• **Work instructions**:
Please reproduce, exactly and in full, the lines from the one containing "inl remembered ↦" to the end of the material below.

• **Entries supplied**:
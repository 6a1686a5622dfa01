-- ===== src/Hydra/Flow/Laws.antt =====
-- When the OAuth endpoints send a browser back to a client.
use mokey.Base.{
  Bool, Bool-cases, Option, Option-cases, String, [], arith, false, if◌then◌else◌, inl, inr, nat_eq,
  some, string_eq, true, ◌==◌, ◌∷◌, ◌≡◌, ◌⊎◌,
}
use mokey.Hydra.Flow.{
  FlowService, consent_get, ConsentRequest, LoginRequest, deny_client, grant, login_oauth_get,
  passes_mfa, post_login, skip_login,
}
use mokey.Directory.{UserMethods, User, audit, hydra, redirect, status}
use mokey.Hydra.{HydraConfig, client_allowed, client_groups_enforced}

module _ (equal_fold : String → String → Bool) (methods : UserMethods) (oauth : FlowService)
    (cfg : HydraConfig) (require_mfa : Bool) where
  -- A browser is redirected with consent only for a user that FreeIPA has, with a second factor
  -- where one is required, whom the configuration admits to the client, on the scope that was
  -- requested.
  pub consent_get_guarded :
      (challenge target : String)
      → (consent_get equal_fold methods oauth cfg require_mfa challenge).1 ≡ redirect target
      → (consent : ConsentRequest) × (user : User) × (oauth.get_consent challenge ≡ some consent)
        × (oauth.user_show consent.subject ≡ some user)
        × (passes_mfa equal_fold methods oauth cfg require_mfa user ≡ true)
        × (client_allowed equal_fold cfg consent.client user ≡ true)
        × (oauth.accept_consent challenge consent.requested_scope user ≡ some target)
  unfolding consent_get deny_client grant
  consent_get_guarded challenge target h = elim (Option-cases (oauth.get_consent challenge)) [
    | inl unknown ↦ absurd (ground arith)
    | inr (consent, asked) ↦ elim (Option-cases (oauth.user_show consent.subject)) [
      | inl gone ↦ absurd (ground arith)
      | inr (user, shown) ↦ (consent, user, asked, shown, ground arith, ground arith, ground arith)
    ]
  ]

  -- A client that does not admit the user gets no consent: the request is rejected, the user sees
  -- 403, and the consents that the user's groups no longer allow are looked at again exactly where
  -- restrictions are enforced.
  pub consent_get_denied :
      (challenge : String) (consent : ConsentRequest) (user : User)
      → (challenge == "") ≡ false
      → oauth.get_consent challenge ≡ some consent
      → oauth.user_show consent.subject ≡ some user
      → passes_mfa equal_fold methods oauth cfg require_mfa user ≡ true
      → client_allowed equal_fold cfg consent.client user ≡ false
      → consent_get equal_fold methods oauth cfg require_mfa challenge ≡ (
        hydra "reject_consent" consent.subject challenge
            ∷ (if client_groups_enforced cfg
                then hydra "revoke_disallowed_consents" consent.subject ""
                  ∷ audit "AUDIT OAuth2 client denied, user not in an allowed group" consent.subject
                  ∷ []
                else audit "AUDIT OAuth2 client denied, user not in an allowed group"
                    consent.subject
                  ∷ []),
        status 403 "hydra.client_not_allowed",
      )
  unfolding consent_get deny_client
  consent_get_denied challenge consent user named asked shown factor out =
      elim (Bool-cases (client_groups_enforced cfg)) [
        | inl on ↦ ground arith
        | inr off ↦ ground arith
      ]

  -- A browser is redirected from the login endpoint only for the subject that hydra remembers, whom
  -- FreeIPA has, with a second factor where one is required, or for the user of the session.
  pub login_oauth_get_guarded :
      (current : Option String) (challenge target : String) (htmx : Bool)
      → (login_oauth_get equal_fold methods oauth cfg require_mfa current challenge htmx).1
        ≡ redirect target
      → (login : LoginRequest) × (oauth.get_login challenge ≡ some login)
        × (((user : User) × (login.skip ≡ true)
              × (oauth.user_show login.subject ≡ some user)
              × (passes_mfa equal_fold methods oauth cfg require_mfa user ≡ true)
              × (oauth.accept_skipped login.subject challenge ≡ some target))
            ⊎ ((username : String) × (login.skip ≡ false)
                × (current ≡ some username)
                × (oauth.accept_login username challenge ≡ some target)))
  unfolding login_oauth_get skip_login post_login
  login_oauth_get_guarded current challenge target htmx h =
      elim (Option-cases (oauth.get_login challenge)) [
        | inl unknown ↦ absurd (ground arith)
        | inr (login, asked) ↦ elim (Bool-cases login.skip) [
          | inl remembered ↦ elim (Option-cases (oauth.user_show login.subject)) [
            | inl gone ↦ absurd (ground arith)
            | inr (user, shown) ↦
                (login, asked, inl (user, remembered, shown, ground arith, ground arith))
          ]
          | inr fresh ↦ elim (Option-cases current) [
            | inl nobody ↦ absurd (ground arith)
            | inr (username, session) ↦ (login, asked, inr (username, fresh, session, ground arith))
          ]
        ]
      ]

• **Task output**:
          | inl remembered ↦ elim (Option-cases (oauth.user_show login.subject)) [
            | inl gone ↦ absurd (ground arith)
            | inr (user, shown) ↦
                (login, asked, inl (user, remembered, shown, ground arith, ground arith))
          ]
          | inr fresh ↦ elim (Option-cases current) [
            | inl nobody ↦ absurd (ground arith)
            | inr (username, session) ↦ (login, asked, inr (username, fresh, session, ground arith))
          ]
        ]
      ]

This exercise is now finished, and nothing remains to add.